- **WHAT THE TASK REQUIRES**: Give only the number of lines in the records that include the string "Invariant".

%%

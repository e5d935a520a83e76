-- ===== src/Instance/Supervisor/Reachable.antt =====
-- The supervisor from its start, under sequences of whole calls: each ends before the next begins, with
-- whatever its surroundings do. Spawn, Stop and tryAdopt release the lock in between; calls that
-- run into one another there are not sequences of this kind.
use copilot_pool_gateway.Base.{
  ℕ, ◌≤◌, String, ◌≡◌, refl, subst, Bool, true, false, ◌||◌, List, [], ◌∷◌, Option, arith,
  if◌then◌else◌, eqb, ltb,
}
use copilot_pool_gateway.Store.Disk.{Disk}
use copilot_pool_gateway.Store.Account.{Account}
use copilot_pool_gateway.Instance.Ports.{Outcome, ok, err, invalid_port_range, new_port_pool}
use copilot_pool_gateway.Instance.Supervisor.{
  Supervisor, mark_crashed, new_supervisor, resolve_ports, with_range, pool_of,
}
use copilot_pool_gateway.Instance.Supervisor.Invariant.{
  IsConsistent, stop-IsConsistent, mark_crashed-IsConsistent,
}
use copilot_pool_gateway.Instance.Supervisor.Stop.{
  Exit, stop, remove_and_cleanup, stop_all, ids, shutdown,
}
use copilot_pool_gateway.Instance.Supervisor.Spawn.{Launch, spawn, restart}
use copilot_pool_gateway.Instance.Supervisor.Spawn.Consistent.{
  same_table-IsConsistent, spawn-IsConsistent, restart-IsConsistent,
}
use copilot_pool_gateway.Instance.Supervisor.Recover.{
  Host, recover_from_store, migrate_legacy_accounts, try_adopt,
}
use copilot_pool_gateway.Instance.Supervisor.Recover.Consistent.{
  try_adopt-IsConsistent, recover_from_store-IsConsistent, migrate_legacy_accounts-IsConsistent,
}
use copilot_pool_gateway.Instance.Supervisor.Health.{run_health_pass}
use copilot_pool_gateway.Instance.Supervisor.Health.Consistent.{run_health_pass-IsConsistent}

-- One call; `edit_accounts` is the rest of the program writing the account file.
pub data Call : Type 0 where
  spawn_call : Launch → String → String → ℕ → Call
  stop_call : Exit → String → Call
  restart_call : Exit → Launch → String → String → Call
  remove_call : Exit → Bool → String → Call
  child_exits : String → Option String → Call
  adopt_call : Host → Account → Call
  recover_call migrate_call health_call : Host → Call
  shutdown_call : (String → Exit) → Call
  edit_accounts : Disk Account → Call

unfoldable pub step : Call → Supervisor → Supervisor
unfolding spawn stop restart remove_and_cleanup mark_crashed try_adopt recover_from_store
    migrate_legacy_accounts run_health_pass shutdown
step (spawn_call l id token preferred) s = (spawn l id token preferred s).1
step (stop_call outcome id) s = (stop outcome id s).1
step (restart_call outcome l id token) s = (restart outcome l id token s).1
step (remove_call outcome removable id) s = (remove_and_cleanup outcome removable id s).1
step (child_exits id cause) s = mark_crashed id cause s
step (adopt_call h a) s = (try_adopt h a s).1
step (recover_call h) s = recover_from_store h s
step (migrate_call h) s = migrate_legacy_accounts h s
step (health_call h) s = run_health_pass h s
step (shutdown_call outcome) s = shutdown outcome s
step (edit_accounts disk) s = record s { disk = disk }

pub run : List Call → Supervisor → Supervisor
unfolding step
run [] s = s
run (c ∷ rest) s = run rest (step c s)

stop_all-IsConsistent :
    (outcome : String → Exit) (list : List String) (s : Supervisor)
    → IsConsistent s
    → IsConsistent (stop_all outcome list s)
unfolding stop_all
stop_all-IsConsistent outcome [] s c = c
stop_all-IsConsistent outcome (id ∷ rest) s c =
    stop_all-IsConsistent outcome rest _ (stop-IsConsistent (outcome id) id s c)

closed-IsConsistent :
    (s : Supervisor) (b : Bool) → IsConsistent s → IsConsistent (record s { closed = b })
closed-IsConsistent s b c = same_table-IsConsistent s _ refl refl c

remove_and_cleanup-IsConsistent :
    (outcome : Exit) (removable : Bool) (id : String) (s : Supervisor)
    → IsConsistent s
    → IsConsistent (remove_and_cleanup outcome removable id s).1
unfolding remove_and_cleanup
remove_and_cleanup-IsConsistent outcome true id s c =
    same_table-IsConsistent _ _ refl refl (stop-IsConsistent outcome id s c)
remove_and_cleanup-IsConsistent outcome false id s c = stop-IsConsistent outcome id s c

pub step-IsConsistent : (c : Call) (s : Supervisor) → IsConsistent s → IsConsistent (step c s)
unfolding step shutdown
step-IsConsistent (spawn_call l id token preferred) s c =
    spawn-IsConsistent l id token preferred s c
step-IsConsistent (stop_call outcome id) s c = stop-IsConsistent outcome id s c
step-IsConsistent (restart_call outcome l id token) s c =
    restart-IsConsistent outcome l id token s c
step-IsConsistent (remove_call outcome removable id) s c =
    remove_and_cleanup-IsConsistent outcome removable id s c
step-IsConsistent (child_exits id cause) s c = mark_crashed-IsConsistent id cause s c
step-IsConsistent (adopt_call h a) s c = try_adopt-IsConsistent h a s c
step-IsConsistent (recover_call h) s c = recover_from_store-IsConsistent h s c
step-IsConsistent (migrate_call h) s c = migrate_legacy_accounts-IsConsistent h s c
step-IsConsistent (health_call h) s c = run_health_pass-IsConsistent h s c
step-IsConsistent (shutdown_call outcome) s c =
    stop_all-IsConsistent outcome (ids s.workers) _ (closed-IsConsistent s true c)
step-IsConsistent (edit_accounts disk) s c = same_table-IsConsistent s _ refl refl c

calls-IsConsistent :
    (calls : List Call) (s : Supervisor) → IsConsistent s → IsConsistent (run calls s)
unfolding run
calls-IsConsistent [] s c = c
calls-IsConsistent (x ∷ rest) s c = calls-IsConsistent rest _ (step-IsConsistent x s c)

abbrev empty_supervisor : String → ℕ → ℕ → Disk Account → Supervisor
empty_supervisor root start end disk = record {
  workers_root = root;
  workers = [];
  ports = record { start = start; end = end; allocated = λ _. false };
  closed = false;
  disk = disk;
  homes = [];
}

empty-IsConsistent :
    (root : String) (start end : ℕ) (disk : Disk Account)
    → start ≤ end
    → IsConsistent (empty_supervisor root start end disk)
empty-IsConsistent root start end disk proper = record {
  distinct = tt;
  apart = tt;
  named = tt;
  proper = proper;
  owned = λ p. refl;
  above = λ p h. absurd (ground arith);
  below = λ p h. absurd (ground arith);
}

range-IsConsistent :
    (root : String) (start end : ℕ) (disk : Disk Account) (s : Supervisor) (b : Bool)
    → (eqb start 0 || ltb end start) ≡ b
    → with_range root disk
        (ok (start, end))
        (if b then err invalid_port_range else ok (empty_supervisor root start end disk).ports)
      ≡ ok s
    → IsConsistent s
range-IsConsistent root start end disk s true t e = absurd (ground arith)
range-IsConsistent root start end disk s false t e =
    let same : empty_supervisor root start end disk ≡ s = ground arith in
    subst IsConsistent same (empty-IsConsistent root start end disk (ground arith))

pool-IsConsistent :
    (root : String) (disk : Disk Account) (s : Supervisor) (r : Outcome (ℕ × ℕ))
    → with_range root disk r (pool_of r) ≡ ok s
    → IsConsistent s
unfolding new_port_pool
pool-IsConsistent root disk s (err e) h = absurd (ground arith)
pool-IsConsistent root disk s (ok (start, end)) h =
    range-IsConsistent root start end disk s _ refl h

pub new_supervisor-IsConsistent :
    (root : String) (start end : ℕ) (disk : Disk Account) (s : Supervisor)
    → new_supervisor root start end disk ≡ ok s
    → IsConsistent s
unfolding new_supervisor
new_supervisor-IsConsistent root start end disk s e =
    pool-IsConsistent root disk s (resolve_ports start end) e

-- From a new supervisor, where the calls run one after another, each whole before the next begins,
-- and whatever the processes, ports and account file do: after any number of calls, the allocated ports are exactly those of the workers, no two workers have the same
-- port, every port lies in the range, and each worker's entry names its account.
pub run-IsConsistent :
    (root : String) (start end : ℕ) (disk : Disk Account) (s : Supervisor) (calls : List Call)
    → new_supervisor root start end disk ≡ ok s
    → IsConsistent (run calls s)
run-IsConsistent root start end disk s calls e =
    calls-IsConsistent calls s (new_supervisor-IsConsistent root start end disk s e)
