-- ===== src/Instance/Supervisor/Closed.antt =====
-- Shutdown, when every child exits.
use copilot_pool_gateway.Base.{
  ℕ, String, ◌≡◌, refl, ◌∙◌, ap, true, false, List, [], ◌∷◌, Option, none, some, arith, ◌==◌,
  eq_refl, if◌then◌else◌, trim,
}
use copilot_pool_gateway.Base.StringMap.{StringMap, get, put, remove, Distinct}
use copilot_pool_gateway.Instance.Ports.{err, closed, empty_account}
use copilot_pool_gateway.Instance.Supervisor.{Supervisor, Worker, with_status, stopping}
use copilot_pool_gateway.Instance.Supervisor.Table.{port_used}
use copilot_pool_gateway.Instance.Supervisor.Invariant.{IsConsistent}
use copilot_pool_gateway.Instance.Supervisor.Stop.{
  Exit, exits, outlives, tear_down, stop_worker, stop, stop_all, ids, shutdown,
}
use copilot_pool_gateway.Instance.Supervisor.Reachable.{step, shutdown_call, step-IsConsistent}
use copilot_pool_gateway.Instance.Supervisor.Spawn.{Launch, spawn}

module _ {V : Type 0} where
  remove_missing : (m : StringMap V) (k : String) → get m k ≡ none → remove m k ≡ m
  unfolding get remove
  remove_missing [] k h = refl
  remove_missing ((i, w) ∷ m) k h = ground (arith, remove_missing m k)

  -- Setting the first key and deleting it leaves the rest.
  remove-put_first :
      (m : StringMap V) (k : String) (v w : V)
      → get m k ≡ none
      → remove (put ((k, v) ∷ m) k w) k ≡ m
  unfolding get remove put
  remove-put_first m k v w h = ground (arith, eq_refl k, remove_missing m k h)

stop_first :
    (id : String) (w : Worker) (rest : StringMap Worker) (s : Supervisor)
    → s.workers ≡ (id, w) ∷ rest
    → get rest id ≡ none
    → (stop exits id s).1.workers ≡ rest
unfolding stop stop_worker tear_down get
stop_first id w rest s e h =
    rw (e, eq_refl id, stop_worker) (remove-put_first rest id w (with_status stopping w) h)

stop_all_workers :
    (ws : StringMap Worker) (s : Supervisor)
    → s.workers ≡ ws
    → Distinct ws
    → (stop_all (λ _. exits) (ids ws) s).workers ≡ []
unfolding stop_all ids
stop_all_workers [] s e d = e
stop_all_workers ((id, w) ∷ rest) s e d =
    stop_all_workers rest (stop exits id s).1 (stop_first id w rest s e d.0) d.1

stop_worker-closed :
    (outcome : Exit) (id : String) (o : Option Worker) (s : Supervisor)
    → (stop_worker outcome id o s).1.closed ≡ s.closed
unfolding stop_worker tear_down
stop_worker-closed outcome id none s = refl
stop_worker-closed exits id (some w) s = refl
stop_worker-closed outlives id (some w) s = refl

stop_all-closed :
    (outcome : String → Exit) (list : List String) (s : Supervisor)
    → (stop_all outcome list s).closed ≡ s.closed
unfolding stop_all stop
stop_all-closed outcome [] s = refl
stop_all-closed outcome (id ∷ rest) s =
    stop_all-closed outcome rest _ ∙ stop_worker-closed (outcome id) id (get s.workers id) s

-- After a Shutdown of a consistent supervisor in which every child exits, there are no workers and no
-- allocated ports.
pub shutdown_empties :
    (s : Supervisor) (p : ℕ)
    → IsConsistent s
    → ((shutdown (λ _. exits) s).workers ≡ [])
      × ((shutdown (λ _. exits) s).ports.allocated p ≡ false)
unfolding shutdown step
shutdown_empties s p c =
    let empty : (shutdown (λ _. exits) s).workers ≡ [] =
      stop_all_workers s.workers _ refl c.distinct in
    (empty, (step-IsConsistent (shutdown_call (λ _. exits)) s c).owned p ∙ ap (port_used p) empty)

-- After a Shutdown, whatever its children do, no Spawn changes anything: it fails, with the error
-- for a blank account or the one for a closed supervisor.
pub shutdown_refuses :
    (outcome : String → Exit) (s : Supervisor) (l : Launch) (id token : String) (preferred : ℕ)
    → let s' : Supervisor = shutdown outcome s in
      spawn l id token preferred s' ≡ (err (if trim id == "" then empty_account else closed), s')
unfolding shutdown spawn
shutdown_refuses outcome s l id token preferred =
    ground (arith, stop_all-closed outcome (ids s.workers) (record s { closed = true }))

%%

- **RESPONSE**: 2